Unveiling the Power of Self-Attention for Shipping Cost Prediction: Related Works

14 Jun 2024


(1) P Aditya Sreekar, Amazon and these authors contributed equally to this work {sreekarp@amazon.com};

(2) Sahil Verm, Amazon and these authors contributed equally to this work {vrsahil@amazon.com;}

(3) Varun Madhavan, Indian Institute of Technology, Kharagpur. Work done during internship at Amazon {varunmadhavan@iitkgp.ac.in};

(4) Abhishek Persad, Amazon {persadap@amazon.com}.
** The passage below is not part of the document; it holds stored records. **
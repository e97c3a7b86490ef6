-- ===== src/Io/Refines.antt =====
-- The cursor against its abstract view, the bytes that are still to be read, over whole runs of
-- requests.
use parity_wasm.Base.{
  ℕ, ◌+◌, ◌≤◌, ◌<◌, ◌≡◌, List, [], ◌∷◌, ok, err, length, take, drop, leb, if◌then◌else◌, drop-drop,
  arith, Outcome, ◌>>=◌, Bool-cases, inl, inr,
}
use parity_wasm.Io.{Cursor, IoError, cursor_new, read, unexpected_eof}

-- One request after another, until one fails.
abbrev pub read_all : List ℕ → Cursor → Outcome IoError (List (List ℕ) × Cursor)
read_all [] c = ok ([], c)
read_all (n ∷ ns) c = do (part, c) ← read n c; (parts, c) ← read_all ns c; ok (part ∷ parts, c)

abbrev pub total : List ℕ → ℕ
total [] = 0
total (n ∷ ns) = n + total ns

-- The bytes, cut into parts of the given lengths.
abbrev pub parts_of : List ℕ → List ℕ → List (List ℕ)
parts_of [] bs = []
parts_of (n ∷ ns) bs = take n bs ∷ parts_of ns (drop n bs)

abbrev pub at_position : List ℕ → ℕ → Cursor
at_position inner pos = record { inner = inner; pos = pos }

module _ (bs : List ℕ) where
  read_one :
      (n p : ℕ)
      → p + n ≤ length bs
      → read n (at_position bs p) ≡ ok (take n (drop p bs), at_position bs (p + n))
  unfolding read
  read_one n p k = ground arith

  read_eof :
      (n p : ℕ) → p ≤ length bs → length bs < p + n → read n (at_position bs p) ≡ err unexpected_eof
  unfolding read
  read_eof n p h k = ground arith

  reads_from :
      (ns : List ℕ) (p : ℕ)
      → p ≤ length bs
      → read_all ns (at_position bs p) ≡ (
          if leb (p + total ns) (length bs)
          then ok (parts_of ns (drop p bs), at_position bs (p + total ns))
          else err unexpected_eof)
  reads_from [] p h = ground arith
  reads_from (n ∷ ns) p h = elim (Bool-cases (leb (p + n) (length bs))) [
    | inl enough ↦
        rw (read_one n p (ground arith), reads_from ns (p + n) (ground arith), drop-drop p n bs)
          (ground arith)
    | inr short ↦ rw (read_eof n p h (ground arith)) (ground arith)
  ]

-- Any run of requests to a new cursor: if the slice has the bytes of all of them, each gets those that
-- follow what the requests before it got, and the position is their sum; else one of them fails as
-- `UnexpectedEof`, and no other error or panic comes.
pub reads_lem :
    (ns : List ℕ) (bs : List ℕ)
    → read_all ns (cursor_new bs) ≡ (
        if leb (total ns) (length bs)
        then ok (parts_of ns bs, at_position bs (total ns))
        else err unexpected_eof)
unfolding cursor_new
reads_lem ns bs =
    let start : 0 + total ns ≡ total ns = omega arith in
    rw start at (reads_from bs ns 0 (omega arith))
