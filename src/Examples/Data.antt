-- ===== src/Examples/Data.antt =====
-- Readers, lists, strings and types.
use parity_wasm.Base.{
  List, length, leb, if◌then◌else◌, ℕ, ◌++◌, err, ◌≡◌, ◌≢◌, ◌↔◌, refl, [], ◌∷◌, ok, arith, true,
}
use parity_wasm.Io.{cursor_new, unexpected_eof, trailing_data}
use parity_wasm.Elements.Error.{from_io}
use parity_wasm.Elements.Buffer.{deserialize_buffer, deserialize_buffer-Restores}
use parity_wasm.Io.Refines.{read_all, total, parts_of, at_position, reads_lem}
use parity_wasm.Elements.Codec.{Bytes, read, Restores}
use parity_wasm.Elements.Buffered.{buffered_read, buffered_read-eq-read}
use parity_wasm.Elements.Primitives.VarUint32
use parity_wasm.Elements.Primitives.Text
use parity_wasm.Elements.Types.{
  v128, value, BlockType, serialize_block_type, deserialize_block_type,
}
use parity_wasm.Elements.Types.RoundTrip.{BlockType-Restores_iff}

abbrev four : Bytes
four = 7 ∷ 8 ∷ 9 ∷ 10 ∷ []

abbrev requests : List ℕ
requests = 1 ∷ 2 ∷ 2 ∷ []

-- The third request asks for more than is left.
reads_lem_example : read_all requests (cursor_new four) ≡ (
    if leb (total requests) (length four)
    then ok (parts_of requests four, at_position four (total requests))
    else err unexpected_eof)
reads_lem_example = reads_lem requests four

buffered_read-eq-read_example :
    buffered_read 2 3 (7 ∷ 8 ∷ 9 ∷ 10 ∷ []) ≡ read 3 (7 ∷ 8 ∷ 9 ∷ 10 ∷ [])
buffered_read-eq-read_example = buffered_read-eq-read 2 3 (7 ∷ 8 ∷ 9 ∷ 10 ∷ []) (omega arith)

-- "é" in UTF-8, and a byte that begins no character.
utf8 : Text.is_utf8 (0xc3 ∷ 0xa9 ∷ []) ≡ true
unfolding Text.is_utf8
utf8 = refl

BlockType-Restores_iff_example :
    Restores (serialize_block_type (value v128)) deserialize_block_type (value v128)
    ↔ (◌≢◌ {A = BlockType} (value v128) (value v128))
BlockType-Restores_iff_example = BlockType-Restores_iff (value v128)

deserialize_buffer-Restores_example :
    (buf : Bytes) × (VarUint32.serialize 300 ≡ ok buf)
    × (deserialize_buffer VarUint32.deserialize buf ≡ ok 300)
    × ((b : ℕ) (more : Bytes)
        → deserialize_buffer VarUint32.deserialize (buf ++ b ∷ more) ≡ err (from_io trailing_data))
deserialize_buffer-Restores_example =
    deserialize_buffer-Restores (VarUint32.serialize_u32-Restores 300 (omega arith))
Tree-based algorithms are widely used in machine learning for tabular data. Decision trees recursively split the data into multiple parts based on axis-aligned hyper-planes (Hastie et al., 2009). Random Forests (RF) (Breiman, 2001) and Gradient Boosted Decision Trees (GBDT) (Friedman, 2001) are the most commonly used tree based ensembles. RF fits multiple decision trees on random subsets of the data and averages/polls the predictions to alleviate the overfitting characteristic of decision trees. GBDT, XGBoost (Chen and Guestrin, 2016), and CatBoost (Prokhorenkova et al., 2018) are boosted ensemble models that sequentially build decision trees to correct errors made by previous trees, leading to improved performance on complex datasets with non-linear relations.

Recently, there has been a lot of interest in deep learning models for tabular data. Some methods introduce differentiable approximations of decision functions used in decision trees to make them differentiable (Hazimeh et al., 2020; Popov et al., 2019). These methods outperform pure tree based problem for some problem statements, however, they are not consistently better (Gorishniy et al., 2021). Other methods have used attention mechanisms to adapt DL methods to tabular data (Arik et al., 2019; Huang et al., 2020; Gorishniy et al., 2021; Somepalli et al., 2021; Chen et al., 2022). TabNet (Arik et al., 2019) proposes a sparse attention mechanism that is stacked in multiple layers to mimic the recursive splitting of decision trees. Inspired from the success of self-attention transformers (Vaswani et al., 2017) in many domains (Devlin et al., 2019; Dosovitskiy et al., 2021; Gong et al., 2021) methods like TabTransformer (Huang et al., 2020), FT-Transformer (Gorishniy et al., 2021) and SAINT (Somepalli et al., 2021) were proposed. TabTransformer embeds all categorical variables into a unified embedding space, and a sentence of categorical embeddings is passed through self-attention transformer layers. FT-Transformer further extends this by attending to numerical features as well, by using continuous embedding. SAINT builds on FT-Transformer by proposing a new kind of attention which captures interactions between samples of a batch. However, SAINT does not provide any advantage over FT-Transformer for our problem statement, because intersample attention is only effective when the number of dimensions is higher in comparision to the number of samples, thus we do not compare RCT against SAINT (Somepalli et al., 2021).

Figure 1: (a) Input encoder layer of Rate Card Transformer. (b) RCT Architecture

This paper is available on arxiv under CC BY-NC-ND 4.0 DEED license.